▸ **Stored items**
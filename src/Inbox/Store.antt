-- ===== src/Inbox/Store.antt =====
-- apps/api/src/modules/notifications/infrastructure/repositories/prisma-notification.repository.ts. There
-- is one type of notification, so a row is that of its recipient and `aggregateKey`; its `createdAt` and
-- `updatedAt` are left out. The events that are written to the outbox stand with the newest first.
use elonew.Base.{
  ℕ, suc, String, Bool, not, ◌&&◌, List, [], ◌∷◌, Option, none, some, find, any, same, is_some,
  or_else, leb, ◌==◌, if◌then◌else◌,
}

-- The payload of `CHAT_MESSAGE_CREATED`
pub record NotificationPayload : Type 0 where
  pub order_id : String
  pub chat_message_id : String
  pub sender_id : String
  pub sender_username : String

pub record Notification : Type 0 where
  pub id : String
  pub recipient_id : String
  pub aggregate_key : String
  pub payload : NotificationPayload
  pub read_at : Option ℕ
  pub activity_at : ℕ

-- The events `notification.updated` and `notification.read-all`, each with the unread count.
pub data NotificationEvent : Type 0 where
  updated : Notification → ℕ → NotificationEvent
  read_all : ℕ → ℕ → ℕ → NotificationEvent

pub record Inbox : Type 0 where
  pub notifications : List Notification
  pub outbox : List (String × NotificationEvent)

unfoldable pub is_unread_of : String → Notification → Bool
is_unread_of recipient n = same n.recipient_id recipient && not (is_some n.read_at)

-- `countUnread`, and `countUnreadWithin`
unfoldable pub count_unread : String → List Notification → ℕ
count_unread recipient [] = 0
count_unread recipient (n ∷ ns) =
    let rest = count_unread recipient ns in if is_unread_of recipient n then suc rest else rest

-- `updateMany`, and `update`
unfoldable pub update_where :
    (Notification → Bool) → (Notification → Notification) → List Notification → List Notification
update_where p f [] = []
update_where p f (n ∷ ns) = (if p n then f n else n) ∷ update_where p f ns

unfoldable pub count_where : (Notification → Bool) → List Notification → ℕ
count_where p [] = 0
count_where p (n ∷ ns) = let rest = count_where p ns in if p n then suc rest else rest

abbrev pub write_to_outbox : String → NotificationEvent → Inbox → Inbox
write_to_outbox recipient e s = record s { outbox = (recipient, e) ∷ s.outbox }

unfoldable pub write_updated_event : Notification → Inbox → Inbox
write_updated_event n s =
    write_to_outbox n.recipient_id (updated n (count_unread n.recipient_id s.notifications)) s

-- The unique key of a row, beside its type.
abbrev pub has_key : Notification → Notification → Bool
has_key fresh n = same n.recipient_id fresh.recipient_id && same n.aggregate_key fresh.aggregate_key

-- The `update` of an upsert; `fresh` is the row that it would create.
abbrev pub refreshed_row : Notification → Notification → Notification
refreshed_row fresh n = record n {
  payload = fresh.payload;
  read_at = none;
  activity_at = fresh.activity_at;
}

unfoldable pub upsert_rows : Notification → List Notification → List Notification
upsert_rows fresh [] = fresh ∷ []
upsert_rows fresh (n ∷ ns) =
    if has_key fresh n then refreshed_row fresh n ∷ ns else n ∷ upsert_rows fresh ns

unfoldable pub upserted_row : Notification → List Notification → Notification
upserted_row fresh [] = fresh
upserted_row fresh (n ∷ ns) =
    if has_key fresh n then refreshed_row fresh n else upserted_row fresh ns

abbrev pub new_row : String → String → String → NotificationPayload → ℕ → Notification
new_row id recipient key payload now = record {
  id = id;
  recipient_id = recipient;
  aggregate_key = key;
  payload = payload;
  read_at = none;
  activity_at = now;
}

-- `upsert`, of the row that it would create
unfoldable pub upsert : Notification → Inbox → Notification × Inbox
unfolding write_updated_event
upsert fresh s = (
  upserted_row fresh s.notifications,
  write_updated_event (upserted_row fresh s.notifications)
      (record s { notifications = upsert_rows fresh s.notifications }),
)

pub record MarkReadInput : Type 0 where
  pub notification_id : String
  pub recipient_id : String
  pub read_at : ℕ
  pub expected_activity_at : Option ℕ

-- `NotificationRecord | 'changed' | null`
pub data MarkReadResult : Type 0 where
  marked : Notification → MarkReadResult
  changed missing : MarkReadResult

abbrev pub has_id : String → Notification → Bool
has_id id n = same n.id id

abbrev pub is_own : MarkReadInput → Notification → Bool
is_own i n = has_id i.notification_id n && same n.recipient_id i.recipient_id

abbrev pub is_expected : MarkReadInput → ℕ → Notification → Bool
is_expected i at n = is_own i n && n.activity_at == at

abbrev pub marked_or_missing : Option Notification → MarkReadResult
marked_or_missing none = missing
marked_or_missing (some n) = marked n

-- `applyMarkRead` where the client says which activity it has seen
unfoldable pub mark_expected :
    MarkReadInput → ℕ → List Notification → MarkReadResult × List Notification
mark_expected i at ns =
    if any (is_expected i at) ns
    then (let ns' =
          update_where (is_expected i at) (λ n. record n { read_at = some i.read_at }) ns in
        (marked_or_missing (find (has_id i.notification_id) ns'), ns'))
    else ((if any (is_own i) ns then changed else missing), ns)

-- `applyMarkRead` where it does not
unfoldable pub mark_any : MarkReadInput → List Notification → MarkReadResult × List Notification
mark_any i ns = elim (find (is_own i) ns) [
  | none ↦ (missing, ns)
  | some n ↦
      let ns' =
        update_where (has_id n.id) (λ m. record m { read_at = some (or_else n.read_at i.read_at) })
          ns in
      (marked_or_missing (find (has_id n.id) ns'), ns')
]

unfoldable pub apply_mark_read :
    MarkReadInput → List Notification → MarkReadResult × List Notification
unfolding mark_expected mark_any
apply_mark_read i ns = elim i.expected_activity_at [
  | none ↦ mark_any i ns
  | some at ↦ mark_expected i at ns
]

abbrev pub told_of : MarkReadResult → Inbox → Inbox
told_of (marked n) s = write_updated_event n s
told_of changed s = s
told_of missing s = s

-- `markRead`
unfoldable pub mark_read : MarkReadInput → Inbox → MarkReadResult × Inbox
unfolding apply_mark_read
mark_read i s =
    let (r, ns) = apply_mark_read i s.notifications in
    (r, told_of r (record s { notifications = ns }))

abbrev pub is_read_by : String → ℕ → Notification → Bool
is_read_by recipient cutoff n = is_unread_of recipient n && leb n.activity_at cutoff

-- `MarkAllNotificationsReadResult`
pub record MarkAllResult : Type 0 where
  pub updated_count : ℕ
  pub unread_count : ℕ

-- `markAllRead`
unfoldable pub mark_all_read : String → ℕ → ℕ → Inbox → MarkAllResult × Inbox
mark_all_read recipient at cutoff s =
    let ns =
      update_where (is_read_by recipient cutoff) (λ n. record n { read_at = some at })
        s.notifications in
    let unread = count_unread recipient ns in
    (
      record {
        updated_count = count_where (is_read_by recipient cutoff) s.notifications;
        unread_count = unread;
      },
      write_to_outbox recipient (read_all at cutoff unread) (record s { notifications = ns }),
    )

▸ **TASK REQUIREMENTS**
Nothing but the lines from the start of the data above through the line with "-- is one type" should appear in your answer, copied exactly.

▸ **REPLY**
filename src/Inbox/Store.antt
-- ===== src/Inbox/Store.antt =====
-- apps/api/src/modules/notifications/infrastructure/repositories/prisma-notification.repository.ts. There
-- is one type of notification, so a row is that of its recipient and `aggregateKey`; its `createdAt` and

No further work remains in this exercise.